Clinical + Genomic RAG evaluation on de-identified synthetic data with transparent grounding and reproducible metrics.
Python 3.10+. No runtime deps beyond the standard library (tests use pytest).
Clinical answers must be grounded and auditable. This demo:
- enforces citations (doc_id + quote spans),
- measures retrieval quality and faithfulness,
- produces JSONL / CSV / HTML reports in
reports/, - is small, fast, and easy to extend with dense retrievers and real LLMs.
clinical-genomic-rag-eval-demo/
├─ .github/
│ └─ workflows/
│ └─ ci.yml # GitHub Actions: tests + smoke eval + artifacts
├─ data/
│ ├─ corpus/
│ │ ├─ clin_note_001.md # synthetic clinical note (de-identified)
│ │ ├─ genomics_oncokb_excerpt.md # synthetic genomic knowledge snippet
│ │ ├─ pubmed_abstract_001.md # synthetic pubmed-like abstract
│ │ └─ schema_examples/
│ │ ├─ answer_template.json # answer JSON schema (template)
│ │ └─ doc_schema.md # corpus/chunking guidance
│ └─ eval_questions.json # questions + gold grounding + keywords
├─ reports/
│ └─ .gitkeep # keep folder in VCS (artifacts land here)
├─ src/
│ ├─ __init__.py
│ ├─ chunking.py # section-aware chunking (HPI / A&P / Pathology)
│ ├─ retriever.py # pure-Python BM25-like retriever
│ ├─ pipeline.py # retrieve → answer stub (citations)
│ ├─ eval_metrics.py # hit@k, citation_recall, keyword_coverage, ...
│ ├─ run_eval.py # run evaluation → JSONL/CSV in reports/
│ └─ report_html.py # JSONL → HTML summary report
├─ tests/
│ ├─ test_metrics.py # unit tests for metrics
│ └─ test_pipeline_smoke.py # smoke: run_eval produces artifacts
├─ .editorconfig
├─ .gitattributes
├─ .gitignore
├─ .pre-commit-config.yaml # optional local checks (black/ruff/hooks)
├─ CHANGELOG.md
├─ Makefile # setup / test / eval / report / clean
├─ requirements.txt # pytest + pytest-cov (tests only)
├─ requirements-dev.txt # optional dev tools (black/ruff/pre-commit)
└─ run.sh # orchestrate eval + HTML report
Metrics
hit@k — is any gold doc_id in the top-k retrieved?

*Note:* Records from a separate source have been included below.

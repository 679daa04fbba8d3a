-- ===== src/Offboarding/Late.antt =====
-- src/bluelab/lifecycle/service.py: a cancellation that is applied after the term has ended.
use bluelab_backend_prod.Prelude.{
  ℕ, ◌+◌, ◌≤◌, ◌≡◌, sym, subst, Bool, true, none, some, ◌&&◌, ◌==◌, any, find, List, [], ◌∷◌, err,
  arith, Bool-cases, inl, inr,
}
use bluelab_backend_prod.Offboarding.{
  Library, LifecycleEvent, LifecycleOperation, LifecycleOrder, LifecycleTables, Org, Term,
  find_operation, find_org, has_pending, history_unverified, purge_blocked, term_of,
}
use bluelab_backend_prod.Offboarding.Commands.{accepted_org, current_org}
use bluelab_backend_prod.Offboarding.Claim.{prepare_claim}
use bluelab_backend_prod.Offboarding.Episode.{apply_cancel_offboarding, is_cancel, is_cancellable}
use bluelab_backend_prod.Offboarding.Renewal.{TermCommand, new_term}
use bluelab_backend_prod.Subjects.{is_pending_op}

any-find :
    (p q : LifecycleOperation → Bool) (xs : List LifecycleOperation) {x : LifecycleOperation}
    → find p xs ≡ some x
    → q x ≡ true
    → any q xs ≡ true
any-find p q [] h k = absurd (cc)
any-find p q (y ∷ xs) {x = x} h k = elim (Bool-cases (p y)) [
  | inl here ↦ let one : y ≡ x = ground arith in rw (subst (λ z. q z ≡ true) (sym one) k)
  | inr later ↦ ground (arith, any-find p q xs {x = x} (ground arith) k)
]

-- The history is one decision ahead of an organisation: an operation of it waits, and its event
-- has the head.
module _ (t : LifecycleTables) (id : ℕ) (o : LifecycleOperation) (g : Org) (s : Term)
    (known : find_operation id t ≡ some o) (waits : is_pending_op o.status ≡ true)
    (theirs : find_org o.org t ≡ some g) (current : term_of t g ≡ some s) where
  late_cancel_refused :
      (now : ℕ) (e : LifecycleEvent)
      → is_cancel o.action ≡ true
      → s.ends_at ≤ now
      → apply_cancel_offboarding now id e t ≡ err history_unverified
  unfolding apply_cancel_offboarding accepted_org is_cancellable
  late_cancel_refused now e cancels late = ground arith

  is_waiting : has_pending o.org t ≡ true
  unfolding has_pending
  is_waiting =
      any-find (λ x. x.id == id) (λ x. x.org == o.org && is_pending_op x.status) t.operations known
        (ground arith)

  -- A decision that the history has accepted can be lost: when the database applies an accepted
  -- cancellation only after the service term has ended, it refuses its event, now and at every later
  -- time. The cancellation stays pending, the history stays ahead of the organisation, and so each
  -- new renewal is refused as unverified and each new claim of the purge as blocked.
  pub late_cancel_wedges :
      (now : ℕ) (e : LifecycleEvent) (lib : Library) (later : ℕ) (c : LifecycleOrder)
      (m : TermCommand) (episode sequence : ℕ)
      → is_cancel o.action ≡ true
      → s.ends_at ≤ now
      → c.org_id ≡ o.org
      → c.head_sequence ≡ g.lifecycle_sequence + 1
      → find_operation (lib.claim_id o.org episode) t ≡ none
      → (apply_cancel_offboarding now id e t ≡ err history_unverified)
        × (new_term lib later c m t ≡ err history_unverified)
        × (prepare_claim lib later o.org episode sequence t ≡ err purge_blocked)
  unfolding new_term current_org prepare_claim
  late_cancel_wedges now e lib later c m episode sequence cancels late own ahead unclaimed =
      let fence = is_waiting in (late_cancel_refused now e cancels late, ground arith, ground arith)
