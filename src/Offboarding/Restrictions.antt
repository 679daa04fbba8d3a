-- ===== src/Offboarding/Restrictions.antt =====
-- src/bluelab/lifecycle/restrictions.py: restrictions that keep an organisation from deletion.
pub mod Kept
use bluelab_backend_prod.Prelude.{
  ℕ, Bool, true, false, ◌&&◌, ◌||◌, not, Option, none, some, List, [], ◌∷◌, ◌++◌, ◌==◌, is_none,
  same_id, any, find, if◌then◌else◌, Result, ok, ◌>>=◌, ◌>>◌, raise_if, or_raise,
}
use bluelab_backend_prod.Offboarding.{
  LifecycleAction, create_restriction, release_restriction, DeletionRestriction, LifecycleEvent,
  LifecycleOperation, LifecycleProblem, not_found, history_unverified, sequence_stale,
  episode_stale, reason_required, no_result, LifecycleTables, LifecycleOrder, Org, is_active,
  find_operation, has_pending,
}
use bluelab_backend_prod.Offboarding.Commands.{
  accepted_org, current_org, new_row, accept_operation, stage_command,
}
use bluelab_backend_prod.Subjects.{
  Request, executed, rejected, withdrawn, delivered, is_applied_op, is_export, update_first,
}

abbrev pub is_create : LifecycleAction → Bool
is_create (create_restriction r) = true
is_create _ = false

abbrev pub is_release : LifecycleAction → Bool
is_release release_restriction = true
is_release _ = false

-- the erasure or export of an organisation with an id
abbrev pub is_request_of : ℕ → ℕ → Request → Bool
is_request_of org id r = r.id == id && r.org == org

-- the status that a request leaves a restriction free in
abbrev pub is_settled : Request → Bool
is_settled r = elim r.status [
  | executed ↦ not (is_export r.kind)
  | delivered ↦ is_export r.kind
  | rejected ↦ true
  | withdrawn ↦ true
  | _ ↦ false
]

-- The checks on the request that a new restriction is for.
unfoldable pub check_related : ℕ → Option ℕ → LifecycleTables → Result LifecycleProblem (Unit {0})
check_related org none t = ok tt
check_related org (some id) t = do
  raise_if (any (λ r. r.org == org && same_id r.related_request (some id)) t.restrictions)
      sequence_stale
  raise_if (not (any (is_request_of org id) t.requests)) not_found

unfoldable pub new_creation :
    ℕ → Option ℕ → LifecycleOrder → LifecycleTables → Result LifecycleProblem LifecycleOperation
unfolding current_org has_pending check_related new_row
new_creation episode related c t = do
  g ← current_org c t
  raise_if (not (same_id g.offboarding_id (some episode)) || is_active g.lifecycle_status)
      episode_stale
  raise_if (has_pending c.org_id t) history_unverified
  check_related c.org_id related t
  reason ← or_raise c.reason reason_required
  ok (record (new_row c none (some episode) reason (create_restriction related) none) {
    restriction = some c.fresh;
  })

-- `prepare_create`
unfoldable pub prepare_create :
    ℕ
    → Option ℕ
    → LifecycleOrder
    → LifecycleTables
    → Result LifecycleProblem (LifecycleTables × LifecycleOperation)
unfolding stage_command new_creation
prepare_create episode related c t =
    stage_command c (λ o. is_create o.action) (new_creation episode related c t) t

-- The checks on the request that a restriction was for.
unfoldable pub check_resolved : ℕ → Option ℕ → LifecycleTables → Result LifecycleProblem (Unit {0})
check_resolved org none t = ok tt
check_resolved org (some id) t = do
  raise_if (not (any (is_request_of org id) t.requests)) history_unverified
  raise_if (any (λ r. is_request_of org id r && not (is_settled r)) t.requests) sequence_stale

abbrev pub is_restriction_of : ℕ → ℕ → DeletionRestriction → Bool
is_restriction_of org id r = r.id == id && r.org == org

unfoldable pub new_release :
    ℕ → LifecycleOrder → LifecycleTables → Result LifecycleProblem LifecycleOperation
unfolding current_org has_pending check_resolved new_row
new_release id c t = do
  g ← current_org c t
  raise_if (has_pending c.org_id t) history_unverified
  r ← or_raise (find (is_restriction_of c.org_id id) t.restrictions) not_found
  raise_if (not r.is_active) sequence_stale
  check_resolved c.org_id r.related_request t
  reason ← or_raise c.reason reason_required
  ok (record (new_row c none g.offboarding_id reason release_restriction none) {
    restriction = some id;
  })

-- `prepare_release`
unfoldable pub prepare_release :
    ℕ
    → LifecycleOrder
    → LifecycleTables
    → Result LifecycleProblem (LifecycleTables × LifecycleOperation)
unfolding stage_command new_release
prepare_release id c t =
    stage_command c (λ o. is_release o.action && same_id o.restriction (some id))
      (new_release id c t) t

-- The writes of `apply` on the restrictions, with the checks that stand between them.
unfoldable pub write_restriction :
    LifecycleOperation
    → ℕ
    → Org
    → LifecycleTables
    → Result LifecycleProblem (List DeletionRestriction)
unfolding update_first
write_restriction o id g t = elim o.action [
  | create_restriction related ↦
      raise_if (not (same_id g.offboarding_id o.episode)) history_unverified
      >> ok (
          t.restrictions
          ++ (record {
            id = id;
            org = g.id;
            episode = g.offboarding_id;
            is_active = true;
            related_request = related;
          })
            ∷ [])
  | _ ↦ or_raise (find (is_restriction_of g.id id) t.restrictions) history_unverified >>= λ r.
      raise_if (not r.is_active) history_unverified
      >> ok (
          update_first (is_restriction_of g.id id) (λ x. record x { is_active = false })
            t.restrictions)
]

-- `apply` of a restriction or of its release, with the id that it returns
unfoldable pub apply_restriction :
    ℕ → LifecycleEvent → LifecycleTables → Result LifecycleProblem (LifecycleTables × ℕ)
unfolding accepted_org write_restriction accept_operation
apply_restriction op e t = do
  o ← or_raise (find_operation op t) history_unverified
  raise_if (not (is_create o.action || is_release o.action)) history_unverified
  id ← or_raise o.restriction no_result
  if is_applied_op o.status
      then ok (t, id)
      else (accepted_org o e t >>= λ g.
          raise_if (is_none e.actor_id) history_unverified
          >> (write_restriction o id g t >>= λ rows.
              ok (record (accept_operation o e (λ x. x) t) { restrictions = rows }, id)))
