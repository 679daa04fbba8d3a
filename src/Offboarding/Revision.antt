-- ===== src/Offboarding/Revision.antt =====
-- src/bluelab/lifecycle/service.py: the revision of an organisation's retention policy.
use bluelab_backend_prod.Prelude.{
  ℕ, Bool, false, ◌&&◌, ◌||◌, not, Option, none, some, ◌==◌, find, is_none, is_some, same_id,
  Result, ok, ◌>>=◌, ◌>>◌, raise_if, or_raise, if◌then◌else◌,
}
use bluelab_backend_prod.Offboarding.{
  LifecycleAction, policy_revision, LifecycleEvent, LifecycleOperation, LifecycleOrder,
  LifecycleProblem, LifecycleTables, PolicyRow, RetentionPolicy, find_operation, has_pending,
  history_unverified, is_purging, policy_unverified, purge_already_claimed, reason_required,
}
use bluelab_backend_prod.Offboarding.Commands.{
  accept_operation, accepted_org, current_org, new_row, stage_command,
}
use bluelab_backend_prod.Offboarding.Renewal.{is_changed, is_elapsed, set_policy}
use bluelab_backend_prod.Subjects.{is_applied_op}

-- the contract and the policy of a revision
abbrev pub revision_data : LifecycleAction → Option (ℕ × RetentionPolicy)
revision_data (policy_revision contract policy) = some (contract, policy)
revision_data _ = none

-- a reference that the current policy has on other terms
unfoldable pub is_reused : ℕ → RetentionPolicy → Option PolicyRow → Bool
unfolding is_changed
is_reused contract p none = false
is_reused contract p (some row) =
    p.reference == row.policy.reference
    && (is_changed p row.policy || not (contract == row.contract_reference))

unfoldable pub new_revision :
    ℕ
    → RetentionPolicy
    → LifecycleOrder
    → LifecycleTables
    → Result LifecycleProblem LifecycleOperation
unfolding current_org has_pending is_reused new_row
new_revision contract p c t = do
  g ← current_org c t
  raise_if (is_purging g.lifecycle_status) purge_already_claimed
  raise_if (has_pending c.org_id t) history_unverified
  raise_if (not (is_elapsed p.period_unit) && not (same_id p.calendar_timezone (some g.timezone)))
      policy_unverified
  raise_if (p.reference == 0) policy_unverified
  raise_if (is_reused contract p (find (λ r. r.org == c.org_id) t.policies)) policy_unverified
  reason ← or_raise c.reason reason_required
  ok (new_row c none none reason (policy_revision contract p) none)

-- `prepare_policy_revision`
unfoldable pub prepare_policy_revision :
    ℕ
    → RetentionPolicy
    → LifecycleOrder
    → LifecycleTables
    → Result LifecycleProblem (LifecycleTables × LifecycleOperation)
unfolding stage_command new_revision
prepare_policy_revision contract p c t =
    stage_command c (λ o. is_some (revision_data o.action)) (new_revision contract p c t) t

-- `apply_policy_revision`
unfoldable pub apply_policy_revision :
    ℕ → LifecycleEvent → LifecycleTables → Result LifecycleProblem LifecycleTables
unfolding accepted_org accept_operation set_policy
apply_policy_revision id e t = do
  o ← or_raise (find_operation id t) history_unverified
  d ← or_raise (revision_data o.action) history_unverified
  if is_applied_op o.status
      then ok t
      else (accepted_org o e t >>= λ g.
          raise_if (is_none e.actor_id) history_unverified
          >> ok (record (accept_operation o e (λ x. x) t) {
            policies = set_policy o.org d.0 d.1 t.policies;
          }))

citation_recall — fraction of gold docs cited in the answer.
keyword_coverage — expected keywords present in the claim (substring, case-insensitive).
context_overlap — token overlap of claim vs concatenated citation quotes (sanity for grounding).
faithfulness_stub — every citation quote shares words with the claim (very rough check).
All metrics are computed per-question and written to reports/eval_report.csv and reports/eval_report.jsonl.
Quick start
Python 3.10+
# 1) Install test deps
pip install -r requirements.txt
# 2) Run tests
pytest -q
# 3) Run evaluation (artifacts → reports/)
python -m src.run_eval --out_dir reports --top_k 3
# 4) Build HTML summary from JSONL
python -m src.report_html --in_jsonl reports/eval_report.jsonl --out_html reports/report.html
Makefile shortcuts
make setup # pip install -r requirements.txt
make test # pytest
make eval # run_eval → JSONL/CSV in reports/
make report # report_html → reports/report.html
make clean # remove artifacts
One-liner
./run.sh 3
# JSONL → reports/eval_report.jsonl
# CSV → reports/eval_report.csv
# HTML → reports/report.html
Console output example
=== Clinical+Genomic RAG evaluation complete ===
JSONL: /.../reports/eval_report.jsonl
CSV: /.../reports/eval_report.csv
HTML saved: /.../reports/report.html
Data & safety
Corpus is synthetic and de-identified (for demo only).
Section markers in clinical notes: ## HPI, ## Assessment and Plan, ## Pathology.
See data/corpus/schema_examples/doc_schema.md for formatting guidance.
Extending
Swap BM25-lite for a dense retriever (embeddings) and/or hybrid scoring.
Replace answer_stub with a real LLM client; keep the output JSON schema.
Strengthen faithfulness: claim–evidence alignment checks, factual consistency.
Add guideline-aware boosts (e.g., NCCN/ESMO) and section weighting.
Promote CI to publish report.html as a build artifact or Pages.
## Versioning
We follow Semantic Versioning. See [CHANGELOG.md](./CHANGELOG.md).
Initial release: **v0.1.0**.
License
If you intend to open-source, add a LICENSE (e.g., MIT).
Synthetic content provided here is for demonstration and carries no clinical guarantees.
Acknowledgements
This repository was designed to help teams prototype grounded clinical RAG with auditable, lightweight metrics before integrating production corpora and models.